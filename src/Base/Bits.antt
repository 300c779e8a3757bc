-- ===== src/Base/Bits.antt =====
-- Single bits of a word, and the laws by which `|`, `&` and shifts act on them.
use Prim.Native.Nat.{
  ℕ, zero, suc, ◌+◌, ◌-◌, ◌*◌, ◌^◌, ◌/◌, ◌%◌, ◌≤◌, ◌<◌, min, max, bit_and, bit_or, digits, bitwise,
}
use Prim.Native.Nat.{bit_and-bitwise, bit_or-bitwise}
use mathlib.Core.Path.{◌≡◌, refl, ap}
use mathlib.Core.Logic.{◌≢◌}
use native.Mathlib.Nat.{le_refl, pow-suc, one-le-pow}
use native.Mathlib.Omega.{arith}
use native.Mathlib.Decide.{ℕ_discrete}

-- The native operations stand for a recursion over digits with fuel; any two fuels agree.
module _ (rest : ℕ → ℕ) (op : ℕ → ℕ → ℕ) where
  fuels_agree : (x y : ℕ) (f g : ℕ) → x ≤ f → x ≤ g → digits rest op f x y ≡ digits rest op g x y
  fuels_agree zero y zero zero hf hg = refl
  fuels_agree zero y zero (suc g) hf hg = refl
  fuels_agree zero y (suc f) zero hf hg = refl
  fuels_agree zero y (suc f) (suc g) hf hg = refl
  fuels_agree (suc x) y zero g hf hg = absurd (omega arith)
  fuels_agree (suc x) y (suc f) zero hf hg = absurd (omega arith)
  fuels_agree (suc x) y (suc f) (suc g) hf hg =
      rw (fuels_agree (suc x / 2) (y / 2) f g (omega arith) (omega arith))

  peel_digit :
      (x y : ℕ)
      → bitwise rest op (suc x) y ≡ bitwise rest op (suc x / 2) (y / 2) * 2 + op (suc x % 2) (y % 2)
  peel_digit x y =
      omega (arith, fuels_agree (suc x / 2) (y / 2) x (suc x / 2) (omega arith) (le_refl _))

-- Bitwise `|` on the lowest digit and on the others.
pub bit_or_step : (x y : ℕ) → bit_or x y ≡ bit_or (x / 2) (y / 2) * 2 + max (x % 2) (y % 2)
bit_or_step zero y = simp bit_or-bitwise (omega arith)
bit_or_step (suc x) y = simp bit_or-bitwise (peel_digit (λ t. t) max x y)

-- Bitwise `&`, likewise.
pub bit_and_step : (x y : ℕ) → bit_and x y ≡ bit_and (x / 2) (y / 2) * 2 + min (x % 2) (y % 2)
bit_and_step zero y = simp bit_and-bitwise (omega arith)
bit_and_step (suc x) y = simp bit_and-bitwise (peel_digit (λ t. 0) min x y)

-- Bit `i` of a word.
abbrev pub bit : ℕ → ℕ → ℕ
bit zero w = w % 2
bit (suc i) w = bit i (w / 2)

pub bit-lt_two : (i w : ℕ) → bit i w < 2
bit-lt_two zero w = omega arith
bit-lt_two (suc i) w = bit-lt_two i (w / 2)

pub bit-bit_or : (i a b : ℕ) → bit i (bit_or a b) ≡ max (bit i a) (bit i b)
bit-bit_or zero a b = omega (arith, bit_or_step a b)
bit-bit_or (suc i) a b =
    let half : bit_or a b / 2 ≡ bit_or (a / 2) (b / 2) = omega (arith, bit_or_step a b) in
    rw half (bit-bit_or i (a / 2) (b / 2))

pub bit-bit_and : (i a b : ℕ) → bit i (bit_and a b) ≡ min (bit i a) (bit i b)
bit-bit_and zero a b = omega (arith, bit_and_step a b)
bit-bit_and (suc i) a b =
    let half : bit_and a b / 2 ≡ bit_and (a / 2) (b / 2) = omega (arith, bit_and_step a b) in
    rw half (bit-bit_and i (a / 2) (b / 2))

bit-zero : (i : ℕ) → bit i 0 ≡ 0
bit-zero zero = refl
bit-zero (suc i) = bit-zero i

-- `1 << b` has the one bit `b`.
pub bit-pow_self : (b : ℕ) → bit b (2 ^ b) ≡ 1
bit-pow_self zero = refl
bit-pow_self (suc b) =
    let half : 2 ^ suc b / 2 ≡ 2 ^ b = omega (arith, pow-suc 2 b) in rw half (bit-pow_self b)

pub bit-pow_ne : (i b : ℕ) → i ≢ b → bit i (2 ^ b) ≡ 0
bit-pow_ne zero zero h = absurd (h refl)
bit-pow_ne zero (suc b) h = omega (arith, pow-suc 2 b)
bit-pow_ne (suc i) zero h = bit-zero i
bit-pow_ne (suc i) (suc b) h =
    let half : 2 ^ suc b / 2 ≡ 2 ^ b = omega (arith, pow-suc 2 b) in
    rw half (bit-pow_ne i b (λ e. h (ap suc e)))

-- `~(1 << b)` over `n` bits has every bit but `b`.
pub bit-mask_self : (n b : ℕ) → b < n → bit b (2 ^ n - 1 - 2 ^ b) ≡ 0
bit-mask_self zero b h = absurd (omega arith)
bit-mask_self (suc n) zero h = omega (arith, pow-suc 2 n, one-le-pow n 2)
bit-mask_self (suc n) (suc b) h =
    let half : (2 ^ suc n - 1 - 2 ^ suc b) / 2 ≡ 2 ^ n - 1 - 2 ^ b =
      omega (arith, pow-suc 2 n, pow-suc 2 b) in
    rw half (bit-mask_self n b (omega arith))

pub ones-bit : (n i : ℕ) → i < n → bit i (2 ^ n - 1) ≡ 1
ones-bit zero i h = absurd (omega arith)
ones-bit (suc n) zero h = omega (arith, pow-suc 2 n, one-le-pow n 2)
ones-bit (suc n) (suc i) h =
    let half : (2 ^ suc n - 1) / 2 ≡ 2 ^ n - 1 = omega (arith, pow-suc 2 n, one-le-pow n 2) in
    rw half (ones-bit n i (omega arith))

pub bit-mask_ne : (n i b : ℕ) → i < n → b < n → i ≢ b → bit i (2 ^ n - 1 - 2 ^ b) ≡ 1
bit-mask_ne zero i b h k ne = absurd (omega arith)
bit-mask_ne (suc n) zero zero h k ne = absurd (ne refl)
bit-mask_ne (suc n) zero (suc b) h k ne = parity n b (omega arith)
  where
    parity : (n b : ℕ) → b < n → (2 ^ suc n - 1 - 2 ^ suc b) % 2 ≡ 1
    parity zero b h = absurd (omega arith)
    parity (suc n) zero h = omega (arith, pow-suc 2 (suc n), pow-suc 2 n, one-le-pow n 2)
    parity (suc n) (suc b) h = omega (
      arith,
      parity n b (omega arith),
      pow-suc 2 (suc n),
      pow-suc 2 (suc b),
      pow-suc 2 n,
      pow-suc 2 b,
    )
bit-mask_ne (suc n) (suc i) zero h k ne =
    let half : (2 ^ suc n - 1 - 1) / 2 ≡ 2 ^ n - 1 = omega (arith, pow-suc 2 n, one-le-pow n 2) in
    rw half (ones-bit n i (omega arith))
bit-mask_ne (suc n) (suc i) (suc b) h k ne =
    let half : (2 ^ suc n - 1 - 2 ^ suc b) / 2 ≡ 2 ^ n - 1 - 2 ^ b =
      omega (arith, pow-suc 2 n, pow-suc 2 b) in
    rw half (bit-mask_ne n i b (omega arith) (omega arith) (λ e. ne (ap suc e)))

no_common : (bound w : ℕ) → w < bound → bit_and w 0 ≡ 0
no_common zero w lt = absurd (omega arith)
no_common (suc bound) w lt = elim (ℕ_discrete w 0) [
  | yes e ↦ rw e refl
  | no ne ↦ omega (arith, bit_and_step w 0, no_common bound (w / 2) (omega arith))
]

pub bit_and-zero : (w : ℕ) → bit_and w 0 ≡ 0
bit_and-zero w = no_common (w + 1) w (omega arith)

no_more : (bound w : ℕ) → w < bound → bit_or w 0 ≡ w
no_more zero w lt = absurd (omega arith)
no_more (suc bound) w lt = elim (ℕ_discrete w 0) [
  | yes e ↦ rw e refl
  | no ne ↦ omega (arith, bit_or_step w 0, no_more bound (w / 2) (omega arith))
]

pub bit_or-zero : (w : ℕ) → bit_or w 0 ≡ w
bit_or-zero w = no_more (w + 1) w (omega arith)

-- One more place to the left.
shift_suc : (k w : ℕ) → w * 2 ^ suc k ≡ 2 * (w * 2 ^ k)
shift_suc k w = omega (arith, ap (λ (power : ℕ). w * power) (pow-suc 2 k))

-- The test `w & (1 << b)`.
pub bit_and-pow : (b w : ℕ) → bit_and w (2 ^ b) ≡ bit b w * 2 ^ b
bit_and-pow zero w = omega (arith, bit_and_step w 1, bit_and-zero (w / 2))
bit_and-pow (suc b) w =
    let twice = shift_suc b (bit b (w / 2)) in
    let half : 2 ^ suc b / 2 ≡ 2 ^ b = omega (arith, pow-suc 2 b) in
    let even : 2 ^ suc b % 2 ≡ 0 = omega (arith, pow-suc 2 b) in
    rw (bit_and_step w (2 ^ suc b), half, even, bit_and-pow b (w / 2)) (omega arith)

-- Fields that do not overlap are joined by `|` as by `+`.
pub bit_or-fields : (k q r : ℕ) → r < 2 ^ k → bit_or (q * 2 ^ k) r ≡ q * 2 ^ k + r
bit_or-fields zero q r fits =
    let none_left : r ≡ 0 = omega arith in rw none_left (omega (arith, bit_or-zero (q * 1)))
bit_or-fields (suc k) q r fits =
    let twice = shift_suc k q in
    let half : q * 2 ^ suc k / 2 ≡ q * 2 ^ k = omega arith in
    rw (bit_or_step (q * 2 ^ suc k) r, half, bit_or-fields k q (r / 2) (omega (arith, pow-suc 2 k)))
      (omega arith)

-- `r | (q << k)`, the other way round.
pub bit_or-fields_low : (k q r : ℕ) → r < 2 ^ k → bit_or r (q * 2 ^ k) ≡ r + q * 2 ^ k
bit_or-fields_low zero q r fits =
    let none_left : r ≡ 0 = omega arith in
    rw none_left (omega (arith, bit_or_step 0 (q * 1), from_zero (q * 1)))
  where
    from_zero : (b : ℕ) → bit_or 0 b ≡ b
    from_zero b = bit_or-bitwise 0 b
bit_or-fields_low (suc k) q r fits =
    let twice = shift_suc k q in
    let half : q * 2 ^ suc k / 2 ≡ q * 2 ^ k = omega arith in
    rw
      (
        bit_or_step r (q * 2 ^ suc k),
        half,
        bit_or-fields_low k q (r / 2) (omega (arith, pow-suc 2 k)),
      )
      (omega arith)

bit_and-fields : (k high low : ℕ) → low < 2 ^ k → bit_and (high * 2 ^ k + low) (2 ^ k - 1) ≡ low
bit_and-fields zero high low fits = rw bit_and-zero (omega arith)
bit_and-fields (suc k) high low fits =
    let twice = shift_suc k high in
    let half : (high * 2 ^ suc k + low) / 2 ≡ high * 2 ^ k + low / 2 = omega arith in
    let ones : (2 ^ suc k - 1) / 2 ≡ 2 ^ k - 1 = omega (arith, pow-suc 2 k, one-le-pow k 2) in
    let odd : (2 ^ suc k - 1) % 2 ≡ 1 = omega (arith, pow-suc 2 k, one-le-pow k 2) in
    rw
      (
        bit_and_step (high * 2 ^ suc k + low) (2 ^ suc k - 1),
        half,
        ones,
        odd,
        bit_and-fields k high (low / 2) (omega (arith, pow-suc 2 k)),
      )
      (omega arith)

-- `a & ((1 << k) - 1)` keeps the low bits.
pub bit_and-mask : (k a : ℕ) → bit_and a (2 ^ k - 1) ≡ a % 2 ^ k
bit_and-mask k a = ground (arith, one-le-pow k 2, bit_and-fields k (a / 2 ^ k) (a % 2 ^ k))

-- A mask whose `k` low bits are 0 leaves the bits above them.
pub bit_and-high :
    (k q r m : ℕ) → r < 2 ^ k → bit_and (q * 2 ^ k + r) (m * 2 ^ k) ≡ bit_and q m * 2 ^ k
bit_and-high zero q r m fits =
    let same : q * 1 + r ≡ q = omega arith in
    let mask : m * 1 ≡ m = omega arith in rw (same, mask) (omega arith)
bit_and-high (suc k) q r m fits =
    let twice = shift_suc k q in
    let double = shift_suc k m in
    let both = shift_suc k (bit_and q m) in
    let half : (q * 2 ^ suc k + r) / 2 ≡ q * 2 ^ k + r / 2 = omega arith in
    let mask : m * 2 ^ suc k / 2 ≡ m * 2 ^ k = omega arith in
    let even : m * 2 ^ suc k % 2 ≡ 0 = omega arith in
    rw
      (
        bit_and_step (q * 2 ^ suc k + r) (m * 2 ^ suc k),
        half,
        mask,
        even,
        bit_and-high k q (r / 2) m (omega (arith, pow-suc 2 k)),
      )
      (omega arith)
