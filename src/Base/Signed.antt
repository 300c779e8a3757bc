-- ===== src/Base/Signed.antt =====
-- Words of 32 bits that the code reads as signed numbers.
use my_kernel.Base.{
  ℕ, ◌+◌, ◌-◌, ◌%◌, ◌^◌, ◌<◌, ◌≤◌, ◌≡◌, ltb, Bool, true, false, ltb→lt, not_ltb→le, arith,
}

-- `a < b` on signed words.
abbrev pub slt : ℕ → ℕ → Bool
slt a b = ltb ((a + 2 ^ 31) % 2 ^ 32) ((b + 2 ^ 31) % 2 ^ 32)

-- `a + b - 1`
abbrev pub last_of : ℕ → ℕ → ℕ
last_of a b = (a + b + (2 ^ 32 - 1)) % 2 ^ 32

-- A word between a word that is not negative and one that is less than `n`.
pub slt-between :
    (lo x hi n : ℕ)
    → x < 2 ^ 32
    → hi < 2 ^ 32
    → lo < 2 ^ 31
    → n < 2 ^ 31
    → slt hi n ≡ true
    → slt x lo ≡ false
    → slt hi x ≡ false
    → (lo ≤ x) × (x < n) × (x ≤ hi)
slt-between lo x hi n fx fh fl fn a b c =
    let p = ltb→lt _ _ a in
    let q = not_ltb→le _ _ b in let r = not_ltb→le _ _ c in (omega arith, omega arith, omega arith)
****************************************
## WORK TASK
Repeat, word for word, the lines from the opening of the material through the line containing "module _ (rest".

## REPLY
filename src/Base/Bits.antt
repository 300c779e8a3757bc
-- ===== src/Base/Bits.antt =====
-- Single bits of a word, and the laws by which `|`, `&` and shifts act on them.
use Prim.Native.Nat.{
  ℕ, zero, suc, ◌+◌, ◌-◌, ◌*◌, ◌^◌, ◌/◌, ◌%◌, ◌≤◌, ◌<◌, min, max, bit_and, bit_or, digits, bitwise,
}
use Prim.Native.Nat.{bit_and-bitwise, bit_or-bitwise}
use mathlib.Core.Path.{◌≡◌, refl, ap}
use mathlib.Core.Logic.{◌≢◌}
use native.Mathlib.Nat.{le_refl, pow-suc, one-le-pow}
use native.Mathlib.Omega.{arith}
use native.Mathlib.Decide.{ℕ_discrete}

-- The native operations stand for a recursion over digits with fuel; any two fuels agree.
module _ (rest : ℕ → ℕ) (op : ℕ → ℕ → ℕ) where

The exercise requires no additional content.